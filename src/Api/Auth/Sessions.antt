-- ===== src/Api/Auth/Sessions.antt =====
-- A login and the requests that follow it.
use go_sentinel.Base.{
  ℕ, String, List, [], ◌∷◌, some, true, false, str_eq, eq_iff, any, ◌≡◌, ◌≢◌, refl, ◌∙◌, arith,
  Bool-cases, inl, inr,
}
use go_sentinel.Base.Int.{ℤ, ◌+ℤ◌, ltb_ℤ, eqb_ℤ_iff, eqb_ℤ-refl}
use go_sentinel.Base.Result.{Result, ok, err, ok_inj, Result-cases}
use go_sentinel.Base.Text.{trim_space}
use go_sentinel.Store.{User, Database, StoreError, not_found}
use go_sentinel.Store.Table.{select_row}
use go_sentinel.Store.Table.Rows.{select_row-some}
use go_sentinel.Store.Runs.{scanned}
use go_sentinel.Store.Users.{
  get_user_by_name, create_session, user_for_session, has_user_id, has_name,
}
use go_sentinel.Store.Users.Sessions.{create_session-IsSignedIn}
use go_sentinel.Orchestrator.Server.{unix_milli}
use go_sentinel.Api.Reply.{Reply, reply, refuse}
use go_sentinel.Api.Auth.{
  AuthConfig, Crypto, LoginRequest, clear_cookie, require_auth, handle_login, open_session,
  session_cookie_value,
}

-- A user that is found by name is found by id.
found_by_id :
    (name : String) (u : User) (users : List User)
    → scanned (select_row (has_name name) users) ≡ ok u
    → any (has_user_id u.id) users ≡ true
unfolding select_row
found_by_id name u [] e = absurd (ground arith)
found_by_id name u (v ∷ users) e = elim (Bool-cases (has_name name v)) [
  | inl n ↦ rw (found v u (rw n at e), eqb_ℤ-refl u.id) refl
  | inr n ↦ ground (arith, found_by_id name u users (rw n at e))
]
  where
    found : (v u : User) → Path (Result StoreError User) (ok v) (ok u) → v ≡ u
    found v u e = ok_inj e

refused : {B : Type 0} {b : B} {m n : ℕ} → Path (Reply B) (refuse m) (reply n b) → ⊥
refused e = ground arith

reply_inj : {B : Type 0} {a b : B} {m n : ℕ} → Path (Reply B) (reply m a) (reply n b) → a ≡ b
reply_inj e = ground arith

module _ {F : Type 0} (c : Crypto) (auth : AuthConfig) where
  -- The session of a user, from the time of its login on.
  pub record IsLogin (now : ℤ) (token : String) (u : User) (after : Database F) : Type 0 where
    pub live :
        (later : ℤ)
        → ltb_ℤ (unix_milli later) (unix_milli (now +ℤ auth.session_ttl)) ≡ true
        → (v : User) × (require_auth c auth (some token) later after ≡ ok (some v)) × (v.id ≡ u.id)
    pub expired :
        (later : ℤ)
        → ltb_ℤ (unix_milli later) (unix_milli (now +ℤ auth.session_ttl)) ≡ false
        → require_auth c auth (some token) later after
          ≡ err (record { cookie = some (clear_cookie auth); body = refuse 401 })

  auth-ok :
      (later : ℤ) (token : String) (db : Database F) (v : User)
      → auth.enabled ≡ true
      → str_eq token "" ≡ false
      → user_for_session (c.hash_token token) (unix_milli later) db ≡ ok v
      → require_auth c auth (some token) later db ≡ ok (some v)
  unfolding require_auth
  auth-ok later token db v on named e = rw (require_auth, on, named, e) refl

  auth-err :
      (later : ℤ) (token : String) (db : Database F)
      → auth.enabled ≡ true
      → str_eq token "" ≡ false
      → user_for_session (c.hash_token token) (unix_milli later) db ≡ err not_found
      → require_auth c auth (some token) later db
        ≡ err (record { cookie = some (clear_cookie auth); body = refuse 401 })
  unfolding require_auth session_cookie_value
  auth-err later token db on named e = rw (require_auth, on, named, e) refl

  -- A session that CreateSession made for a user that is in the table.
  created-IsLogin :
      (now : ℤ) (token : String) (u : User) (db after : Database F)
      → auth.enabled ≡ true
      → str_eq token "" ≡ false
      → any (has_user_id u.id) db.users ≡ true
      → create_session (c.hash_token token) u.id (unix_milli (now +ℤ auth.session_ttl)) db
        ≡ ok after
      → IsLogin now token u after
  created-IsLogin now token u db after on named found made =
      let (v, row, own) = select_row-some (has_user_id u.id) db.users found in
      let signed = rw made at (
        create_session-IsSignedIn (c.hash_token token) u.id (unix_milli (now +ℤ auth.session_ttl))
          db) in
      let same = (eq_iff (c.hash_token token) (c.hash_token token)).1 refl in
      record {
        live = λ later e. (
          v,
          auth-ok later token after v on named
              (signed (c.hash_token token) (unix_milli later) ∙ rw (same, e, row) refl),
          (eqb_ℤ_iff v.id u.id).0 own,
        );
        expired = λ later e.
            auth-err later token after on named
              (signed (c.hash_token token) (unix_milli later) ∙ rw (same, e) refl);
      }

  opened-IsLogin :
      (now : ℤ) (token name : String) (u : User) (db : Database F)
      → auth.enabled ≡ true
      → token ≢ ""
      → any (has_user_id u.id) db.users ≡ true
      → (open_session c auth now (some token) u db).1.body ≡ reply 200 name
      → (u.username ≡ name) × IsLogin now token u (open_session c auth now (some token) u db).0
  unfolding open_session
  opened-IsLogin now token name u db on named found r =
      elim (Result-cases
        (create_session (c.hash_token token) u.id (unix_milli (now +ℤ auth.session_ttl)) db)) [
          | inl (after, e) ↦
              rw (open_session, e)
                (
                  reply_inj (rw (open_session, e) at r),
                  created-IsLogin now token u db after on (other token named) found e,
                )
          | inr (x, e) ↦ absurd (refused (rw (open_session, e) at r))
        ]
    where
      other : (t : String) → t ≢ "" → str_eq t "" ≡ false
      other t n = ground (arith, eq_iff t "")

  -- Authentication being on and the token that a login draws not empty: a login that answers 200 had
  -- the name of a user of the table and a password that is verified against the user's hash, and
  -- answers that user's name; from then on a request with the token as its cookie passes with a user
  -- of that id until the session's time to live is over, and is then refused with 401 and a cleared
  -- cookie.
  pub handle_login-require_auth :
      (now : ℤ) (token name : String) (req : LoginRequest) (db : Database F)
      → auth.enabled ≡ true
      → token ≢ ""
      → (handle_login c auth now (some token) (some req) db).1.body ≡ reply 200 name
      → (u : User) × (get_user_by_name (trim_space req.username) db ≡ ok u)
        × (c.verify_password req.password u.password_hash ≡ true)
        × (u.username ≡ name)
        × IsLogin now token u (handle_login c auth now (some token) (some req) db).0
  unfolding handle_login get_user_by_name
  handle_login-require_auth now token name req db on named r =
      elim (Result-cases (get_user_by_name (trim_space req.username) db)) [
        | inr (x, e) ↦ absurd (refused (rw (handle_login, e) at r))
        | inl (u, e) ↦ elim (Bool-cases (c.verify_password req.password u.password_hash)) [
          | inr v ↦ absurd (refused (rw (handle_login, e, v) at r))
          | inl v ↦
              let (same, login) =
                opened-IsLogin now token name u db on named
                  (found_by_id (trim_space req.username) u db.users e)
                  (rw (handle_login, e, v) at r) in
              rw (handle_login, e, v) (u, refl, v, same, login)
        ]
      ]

◆ ◆ ◆ ◆ ◆ ◆ ◆

Task to carry out. Your response must repeat all of the material above exactly.

Task solution.
filename src/Api/Auth/Sessions.antt
-- ===== src/Api/Auth/Sessions.antt =====
-- A login and the requests that follow it.
use go_sentinel.Base.{
  ℕ, String, List, [], ◌∷◌, some, true, false, str_eq, eq_iff, any, ◌≡◌, ◌≢◌, refl, ◌∙◌, arith,
  Bool-cases, inl, inr,
}
use go_sentinel.Base.Int.{ℤ, ◌+ℤ◌, ltb_ℤ, eqb_ℤ_iff, eqb_ℤ-refl}
use go_sentinel.Base.Result.{Result, ok, err, ok_inj, Result-cases}
use go_sentinel.Base.Text.{trim_space}
use go_sentinel.Store.{User, Database, StoreError, not_found}
use go_sentinel.Store.Table.{select_row}
use go_sentinel.Store.Table.Rows.{select_row-some}
use go_sentinel.Store.Runs.{scanned}
use go_sentinel.Store.Users.{
  get_user_by_name, create_session, user_for_session, has_user_id, has_name,
}
use go_sentinel.Store.Users.Sessions.{create_session-IsSignedIn}
use go_sentinel.Orchestrator.Server.{unix_milli}
use go_sentinel.Api.Reply.{Reply, reply, refuse}
use go_sentinel.Api.Auth.{
  AuthConfig, Crypto, LoginRequest, clear_cookie, require_auth, handle_login, open_session,
  session_cookie_value,
}

-- A user that is found by name is found by id.
found_by_id :
    (name : String) (u : User) (users : List User)
    → scanned (select_row (has_name name) users) ≡ ok u
    → any (has_user_id u.id) users ≡ true
unfolding select_row
found_by_id name u [] e = absurd (ground arith)
found_by_id name u (v ∷ users) e = elim (Bool-cases (has_name name v)) [
  | inl n ↦ rw (found v u (rw n at e), eqb_ℤ-refl u.id) refl
  | inr n ↦ ground (arith, found_by_id name u users (rw n at e))
]
  where
    found : (v u : User) → Path (Result StoreError User) (ok v) (ok u) → v ≡ u
    found v u e = ok_inj e

refused : {B : Type 0} {b : B} {m n : ℕ} → Path (Reply B) (refuse m) (reply n b) → ⊥
refused e = ground arith

reply_inj : {B : Type 0} {a b : B} {m n : ℕ} → Path (Reply B) (reply m a) (reply n b) → a ≡ b
reply_inj e = ground arith

module _ {F : Type 0} (c : Crypto) (auth : AuthConfig) where
  -- The session of a user, from the time of its login on.
  pub record IsLogin (now : ℤ) (token : String) (u : User) (after : Database F) : Type 0 where
    pub live :
        (later : ℤ)
        → ltb_ℤ (unix_milli later) (unix_milli (now +ℤ auth.session_ttl)) ≡ true
        → (v : User) × (require_auth c auth (some token) later after ≡ ok (some v)) × (v.id ≡ u.id)
    pub expired :
        (later : ℤ)
        → ltb_ℤ (unix_milli later) (unix_milli (now +ℤ auth.session_ttl)) ≡ false
        → require_auth c auth (some token) later after
          ≡ err (record { cookie = some (clear_cookie auth); body = refuse 401 })

  auth-ok :
      (later : ℤ) (token : String) (db : Database F) (v : User)
      → auth.enabled ≡ true
      → str_eq token "" ≡ false
      → user_for_session (c.hash_token token) (unix_milli later) db ≡ ok v
      → require_auth c auth (some token) later db ≡ ok (some v)
  unfolding require_auth
  auth-ok later token db v on named e = rw (require_auth, on, named, e) refl

  auth-err :
      (later : ℤ) (token : String) (db : Database F)
      → auth.enabled ≡ true
      → str_eq token "" ≡ false
      → user_for_session (c.hash_token token) (unix_milli later) db ≡ err not_found
      → require_auth c auth (some token) later db
        ≡ err (record { cookie = some (clear_cookie auth); body = refuse 401 })
  unfolding require_auth session_cookie_value
  auth-err later token db on named e = rw (require_auth, on, named, e) refl

  -- A session that CreateSession made for a user that is in the table.
  created-IsLogin :
      (now : ℤ) (token : String) (u : User) (db after : Database F)
      → auth.enabled ≡ true
      → str_eq token "" ≡ false
      → any (has_user_id u.id) db.users ≡ true
      → create_session (c.hash_token token) u.id (unix_milli (now +ℤ auth.session_ttl)) db
        ≡ ok after
      → IsLogin now token u after
  created-IsLogin now token u db after on named found made =
      let (v, row, own) = select_row-some (has_user_id u.id) db.users found in
      let signed = rw made at (
        create_session-IsSignedIn (c.hash_token token) u.id (unix_milli (now +ℤ auth.session_ttl))
          db) in
      let same = (eq_iff (c.hash_token token) (c.hash_token token)).1 refl in
      record {
        live = λ later e. (
          v,
          auth-ok later token after v on named
              (signed (c.hash_token token) (unix_milli later) ∙ rw (same, e, row) refl),
          (eqb_ℤ_iff v.id u.id).0 own,
        );
        expired = λ later e.
            auth-err later token after on named
              (signed (c.hash_token token) (unix_milli later) ∙ rw (same, e) refl);
      }

  opened-IsLogin :
      (now : ℤ) (token name : String) (u : User) (db : Database F)
      → auth.enabled ≡ true
      → token ≢ ""
      → any (has_user_id u.id) db.users ≡ true
      → (open_session c auth now (some token) u db).1.body ≡ reply 200 name
      → (u.username ≡ name) × IsLogin now token u (open_session c auth now (some token) u db).0
  unfolding open_session
  opened-IsLogin now token name u db on named found r =
      elim (Result-cases
        (create_session (c.hash_token token) u.id (unix_milli (now +ℤ auth.session_ttl)) db)) [
          | inl (after, e) ↦
              rw (open_session, e)
                (
                  reply_inj (rw (open_session, e) at r),
                  created-IsLogin now token u db after on (other token named) found e,
                )
          | inr (x, e) ↦ absurd (refused (rw (open_session, e) at r))
        ]
    where
      other : (t : String) → t ≢ "" → str_eq t "" ≡ false
      other t n = ground (arith, eq_iff t "")

  -- Authentication being on and the token that a login draws not empty: a login that answers 200 had
  -- the name of a user of the table and a password that is verified against the user's hash, and
  -- answers that user's name; from then on a request with the token as its cookie passes with a user
  -- of that id until the session's time to live is over, and is then refused with 401 and a cleared
  -- cookie.
  pub handle_login-require_auth :
      (now : ℤ) (token name : String) (req : LoginRequest) (db : Database F)
      → auth.enabled ≡ true
      → token ≢ ""
      → (handle_login c auth now (some token) (some req) db).1.body ≡ reply 200 name
      → (u : User) × (get_user_by_name (trim_space req.username) db ≡ ok u)
        × (c.verify_password req.password u.password_hash ≡ true)
        × (u.username ≡ name)
        × IsLogin now token u (handle_login c auth now (some token) (some req) db).0
  unfolding handle_login get_user_by_name
  handle_login-require_auth now token name req db on named r =
      elim (Result-cases (get_user_by_name (trim_space req.username) db)) [
        | inr (x, e) ↦ absurd (refused (rw (handle_login, e) at r))
        | inl (u, e) ↦ elim (Bool-cases (c.verify_password req.password u.password_hash)) [
          | inr v ↦ absurd (refused (rw (handle_login, e, v) at r))
          | inl v ↦
              let (same, login) =
                opened-IsLogin now token name u db on named
                  (found_by_id (trim_space req.username) u db.users e)
                  (rw (handle_login, e, v) at r) in
              rw (handle_login, e, v) (u, refl, v, same, login)
        ]
      ]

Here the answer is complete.